FWIW, the only Dolmar/Makita I've run and worked on was the 6401 that I converted to a 7901, and it was a very fine machine in both performance terms and build quality.  I think their main shortcoming is not with the machines themselves but with their minimal dealer network.  Stihl beats the pants off everyone in terms of having a lot of small, widely-distributed dealerships that can service busted equipment quickly, which is a big deal for professional crews.


----------



## KenLockett (May 25, 2015)

ADK_XJ said:


> Where'd you see that? I'm not far from GF...I didn't see a rancher on Craigslist.

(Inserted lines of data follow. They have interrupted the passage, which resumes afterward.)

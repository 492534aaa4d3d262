-- ===== src/Base/Bits.antt =====
-- Digit-by-digit laws of `&`, `|` and `^` at variables.
use Prim.Native.Nat.{ℕ, zero, suc, ◌+◌, ◌-◌, ◌*◌, ◌/◌, ◌%◌, ◌^◌, ◌≤◌, ◌<◌, min, max}
use Prim.Native.Nat.{bit_and, bit_or, bit_xor}
use Prim.Native.Nat.{digits, bitwise, differ, bit_and-bitwise, bit_or-bitwise, bit_xor-bitwise}
use mathlib.Core.Path.{◌≡◌, refl, ap, ◌∙◌}
use native.Mathlib.Nat.{pow-suc, one-le-pow}
use native.Mathlib.Decide.{ℕ_discrete}
use native.Mathlib.Omega.{arith}

module _ (below : ℕ → ℕ) (op : ℕ → ℕ → ℕ) where
  -- One round more than the number needs is a round of nothing.
  spare_round : (n a b : ℕ) → a ≤ n → digits below op (suc n) a b ≡ digits below op n a b
  spare_round zero zero b h = refl
  spare_round zero (suc a) b h = absurd (omega arith)
  spare_round (suc n) zero b h = refl
  spare_round (suc n) (suc a) b h =
      ap (λ (t : ℕ). t * 2 + op (suc a % 2) (b % 2))
        (spare_round n (suc a / 2) (b / 2) (omega arith))

  settled : (n a b : ℕ) → a ≤ n → digits below op n a b ≡ bitwise below op a b
  settled zero zero b h = refl
  settled zero (suc a) b h = absurd (omega arith)
  settled (suc n) a b h = elim (ℕ_discrete a (suc n)) [
    | yes full ↦ rw full refl
    | no less ↦ let fits : a ≤ n = omega arith in spare_round n a b fits ∙ settled n a b fits
  ]

  lowest_digit :
      (a b : ℕ)
      → bitwise below op (suc a) b
        ≡ bitwise below op (suc a / 2) (b / 2) * 2 + op (suc a % 2) (b % 2)
  lowest_digit a b =
      ap (λ (t : ℕ). t * 2 + op (suc a % 2) (b % 2)) (settled a (suc a / 2) (b / 2) (omega arith))

-- `&` takes the smaller of two binary digits.
pub bit_and_step : (x y : ℕ) → bit_and x y ≡ bit_and (x / 2) (y / 2) * 2 + min (x % 2) (y % 2)
bit_and_step zero y = simp bit_and-bitwise (omega arith)
bit_and_step (suc x) y = simp bit_and-bitwise (lowest_digit (λ t. 0) min x y)

-- `|` takes the larger of two binary digits.
pub bit_or_step : (x y : ℕ) → bit_or x y ≡ bit_or (x / 2) (y / 2) * 2 + max (x % 2) (y % 2)
bit_or_step zero y = simp bit_or-bitwise (omega arith)
bit_or_step (suc x) y = simp bit_or-bitwise (lowest_digit (λ t. t) max x y)

differ_parity : (a b : ℕ) → a < 2 → b < 2 → differ a b ≡ (a + b) % 2
differ_parity zero zero p q = refl
differ_parity zero (suc zero) p q = refl
differ_parity (suc zero) zero p q = refl
differ_parity (suc zero) (suc zero) p q = refl
differ_parity zero (suc (suc b)) p q = absurd (omega arith)
differ_parity (suc zero) (suc (suc b)) p q = absurd (omega arith)
differ_parity (suc (suc a)) b p q = absurd (omega arith)

pub bit_xor_step : (a b : ℕ) → bit_xor a b ≡ bit_xor (a / 2) (b / 2) * 2 + (a % 2 + b % 2) % 2
bit_xor_step zero b = simp bit_xor-bitwise (omega arith)
bit_xor_step (suc a) b = simp bit_xor-bitwise (
    omega (
      arith,
      lowest_digit (λ y. y) differ a b,
      differ_parity (suc a % 2) (b % 2) (omega arith) (omega arith),
    ))

-- A number differs from itself in no bit, and from 0 in its own bits.
pub bit_xor_self : (n a : ℕ) → a ≤ n → bit_xor a a ≡ 0
bit_xor_self n zero h = refl
bit_xor_self zero (suc a) h = absurd (omega arith)
bit_xor_self (suc n) (suc a) h =
    omega (arith, bit_xor_step (suc a) (suc a), bit_xor_self n (suc a / 2) (omega arith))

pub bit_xor-zero : (n a : ℕ) → a ≤ n → bit_xor a 0 ≡ a
bit_xor-zero n zero h = refl
bit_xor-zero zero (suc a) h = absurd (omega arith)
bit_xor-zero (suc n) (suc a) h =
    omega (arith, bit_xor_step (suc a) 0, bit_xor-zero n (suc a / 2) (omega arith))

pub bit_and-zero : (n a : ℕ) → a ≤ n → bit_and a 0 ≡ 0
bit_and-zero n zero h = refl
bit_and-zero zero (suc a) h = absurd (omega arith)
bit_and-zero (suc n) (suc a) h =
    omega (arith, bit_and_step (suc a) 0, bit_and-zero n (suc a / 2) (omega arith))

pub bit_and-le : (n a b : ℕ) → a ≤ n → bit_and a b ≤ a
bit_and-le n zero b h = omega (arith, bit_and-bitwise 0 b)
bit_and-le zero (suc a) b h = absurd (omega arith)
bit_and-le (suc n) (suc a) b h =
    omega (arith, bit_and_step (suc a) b, bit_and-le n (suc a / 2) (b / 2) (omega arith))

mul-pow-suc : (q k : ℕ) → q * 2 ^ suc k ≡ 2 * (q * 2 ^ k)
mul-pow-suc q k = omega (arith, ap (λ (t : ℕ). q * t) (pow-suc 2 k))

-- The low field cancels against itself.
pub bit_xor_low_field : (k q r : ℕ) → r < 2 ^ k → bit_xor (q * 2 ^ k + r) r ≡ q * 2 ^ k
bit_xor_low_field zero q r h = ground (arith, bit_xor-zero q q)
bit_xor_low_field (suc k) q r h = ground (
  arith,
  bit_xor_step (q * 2 ^ suc k + r) r,
  mul-pow-suc q k,
  pow-suc 2 k,
  bit_xor_low_field k q (r / 2) (omega arith),
)

pub bit_xor_low_byte : (c : ℕ) → bit_xor c (c % 256) ≡ c / 256 * 256
bit_xor_low_byte c = ground (arith, bit_xor_low_field 8 (c / 256) (c % 256))

bit_and_low_field : (k q r : ℕ) → r < 2 ^ k → bit_and (q * 2 ^ k + r) (2 ^ k - 1) ≡ r
bit_and_low_field zero q r h = rw (bit_and-zero (q * 1 + r) (q * 1 + r) (omega arith)) (omega arith)
bit_and_low_field (suc k) q r h = ground (
  arith,
  bit_and_step (q * 2 ^ suc k + r) (2 ^ suc k - 1),
  mul-pow-suc q k,
  pow-suc 2 k,
  one-le-pow k 2,
  bit_and_low_field k q (r / 2) (omega arith),
)

-- A mask of k ones keeps the remainder by 2 ^ k.
pub bit_and_mask : (k a : ℕ) → bit_and a (2 ^ k - 1) ≡ a % 2 ^ k
bit_and_mask k a = ground (arith, one-le-pow k 2, bit_and_low_field k (a / 2 ^ k) (a % 2 ^ k))

-- Fields of k bits are combined on their own.
pub bit_xor_fields :
    (k q r p t : ℕ)
    → r < 2 ^ k
    → t < 2 ^ k
    → bit_xor (q * 2 ^ k + r) (p * 2 ^ k + t) ≡ bit_xor q p * 2 ^ k + bit_xor r t
bit_xor_fields zero q r p t hr ht = ground arith
bit_xor_fields (suc k) q r p t hr ht = ground (
  arith,
  bit_xor_step (q * 2 ^ suc k + r) (p * 2 ^ suc k + t),
  bit_xor_step r t,
  mul-pow-suc q k,
  mul-pow-suc p k,
  mul-pow-suc (bit_xor q p) k,
  pow-suc 2 k,
  bit_xor_fields k q (r / 2) p (t / 2) (omega arith) (omega arith),
)

-- Words of k bits give a word of k bits.
pub bit_xor-lt : (k a b : ℕ) → a < 2 ^ k → b < 2 ^ k → bit_xor a b < 2 ^ k
bit_xor-lt zero zero zero ha hb = omega arith
bit_xor-lt zero zero (suc b) ha hb = absurd (omega arith)
bit_xor-lt zero (suc a) b ha hb = absurd (omega arith)
bit_xor-lt (suc k) a b ha hb = ground (
  arith,
  bit_xor_step a b,
  pow-suc 2 k,
  bit_xor-lt k (a / 2) (b / 2) (omega (arith, pow-suc 2 k)) (omega (arith, pow-suc 2 k)),
)

-- The other operand and the result determine an operand.
pub bit_xor-injective : (n a b c : ℕ) → a ≤ n → b ≤ n → bit_xor a c ≡ bit_xor b c → a ≡ b
bit_xor-injective zero zero zero c ha hb e = refl
bit_xor-injective zero zero (suc b) c ha hb e = absurd (omega arith)
bit_xor-injective zero (suc a) b c ha hb e = absurd (omega arith)
bit_xor-injective (suc n) a b c ha hb e = omega (
  arith,
  bit_xor_step a c,
  bit_xor_step b c,
  bit_xor-injective n (a / 2) (b / 2) (c / 2) (omega arith) (omega arith)
      (omega (arith, bit_xor_step a c, bit_xor_step b c)),
)

pub bit_xor_comm : (n a b : ℕ) → a ≤ n → b ≤ n → bit_xor a b ≡ bit_xor b a
bit_xor_comm zero zero zero ha hb = refl
bit_xor_comm zero zero (suc b) ha hb = absurd (omega arith)
bit_xor_comm zero (suc a) b ha hb = absurd (omega arith)
bit_xor_comm (suc n) a b ha hb = omega (
  arith,
  bit_xor_step a b,
  bit_xor_step b a,
  bit_xor_comm n (a / 2) (b / 2) (omega arith) (omega arith),
)

pub bit_or-zero : (n a : ℕ) → a ≤ n → bit_or a 0 ≡ a
bit_or-zero n zero h = refl
bit_or-zero zero (suc a) h = absurd (omega arith)
bit_or-zero (suc n) (suc a) h =
    omega (arith, bit_or_step (suc a) 0, bit_or-zero n (suc a / 2) (omega arith))

-- `(q << k) | r` is a sum where `r` fits k bits.
pub bit_or_low_field : (k q r : ℕ) → r < 2 ^ k → bit_or (q * 2 ^ k) r ≡ q * 2 ^ k + r
bit_or_low_field zero q r h = ground (arith, bit_or-zero q q)
bit_or_low_field (suc k) q r h = ground (
  arith,
  bit_or_step (q * 2 ^ suc k) r,
  mul-pow-suc q k,
  pow-suc 2 k,
  bit_or_low_field k q (r / 2) (omega arith),
)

 I saw that one last night on Albany Craig's List.  He is selling because he thinks it might have carburetor problems.  Like you according to him it will run for a while then stop.  I am having the same problem and was looking when I saw this.  Might be a good deal if it just has bad fuel and/or carb simply needs adjustment/replacement.


----------



## Jon1270 (May 25, 2015)

KenLockett said:


> I saw that one last night on Albany Craig's List.  He is selling because he thinks it might have carburetor problems.  Like you according to him it will run for a while then stop.  I am having the same problem and was looking when I saw this.  Might be a good deal if it just has bad fuel and/or carb simply needs adjustment/replacement.



The 55 has an Achilles' heel, some plastic and rubber parts that sit between the cylinder and carburetor which are degraded over time by heat from the motor,  causing air leaks.  You can probably get the replacement parts for about $20, and the repair isn't terribly difficult.  Very common problem with an otherwise reliable model.


----------



## dougand3 (May 25, 2015)

Jon1270 said:


> I think it might be a closed-port model


Is model 55 normally closed port, whereas, 55 Rancher is more likely open port?

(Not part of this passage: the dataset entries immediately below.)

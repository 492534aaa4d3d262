-- ===== src/Driver.antt =====
-- The driver of the network chip, libraries/ethercard/enc28j60.cpp. The chip is behind the SPI bus:
-- of its behaviour the model has only the byte that it puts on the bus in each exchange.
pub mod Registers
pub mod Spi
pub mod Packets
pub mod SelfTest
pub mod Laws
use ether_house.Base.{ℕ, ◌+◌, Bool, List, [], ◌∷◌, ◌++◌, Memory, if◌then◌else◌}

-- `answer` is the byte in SPDR after each exchange; `rounds` bounds each loop that waits for the
-- chip. `clock` is what millis() returns.
pub record Chip : Type 0 where
  pub answer : ℕ → ℕ
  pub clock : ℕ
  pub rounds : ℕ

-- The static variables, and what has gone over the bus: the bytes that were sent in each transaction,
-- the last one first, and those of the transaction that is open. `exchanges` counts the bytes.
-- `next_packet_ptr` holds the 16 bits of an `int`.
pub record Driver : Type 0 where
  pub bank : ℕ
  pub next_packet_ptr : ℕ
  pub buffer_size : ℕ
  pub broadcast_enabled : Bool
  pub buffer : Memory
  pub transactions : List (List ℕ)
  pub open_bytes : List ℕ
  pub spdr : ℕ
  pub exchanges : ℕ

-- A run returns, or still waits for the chip when the rounds are over.
pub data Outcome {ℓ} (A : Type ℓ) : Type ℓ where
  returns : A → Driver → Outcome A
  waits : Driver → Outcome A

abbrev pub D {ℓ} : Type ℓ → Type ℓ
D A = Driver → Outcome A

infixl 5 ◌>>=◌ ◌>>◌
abbrev pub ◌>>=◌ {ℓ κ} : {A : Type ℓ} {B : Type κ} → D A → (A → D B) → D B
◌>>=◌ m f d = elim (m d) [ returns a d' ↦ f a d' | waits d' ↦ waits d' ]

abbrev pub ◌>>◌ {ℓ} : {B : Type ℓ} → D (Unit {0}) → D B → D B
m >> k = m >>= λ _. k

abbrev pub return {ℓ} : {A : Type ℓ} → A → D A
return a d = returns a d

abbrev pub done : D (Unit {0})
done d = returns tt d

abbrev pub on_driver : (Driver → Driver) → D (Unit {0})
on_driver f d = returns tt (f d)

abbrev pub when : Bool → D (Unit {0}) → D (Unit {0})
when test m = if test then m else done

-- The state that a run ends in.
abbrev pub final {ℓ} : {A : Type ℓ} → Outcome A → Driver
final (returns a d) = d
final (waits d) = d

505 31 0751 is the impulse grommet - a SNEAKY air leak that can trash the top end.


----------



## ADK_XJ (May 25, 2015)

Wildo said:


> If you keep the pines they will shade your sugar maples which will actually increase the length of your sugar season because the buds won't pop as soon as they would with more sun.  Sugars on a north slope produce the sweetest(highest sugar content) sap and run the longest before souring due to lack of sun and gradual temp rise.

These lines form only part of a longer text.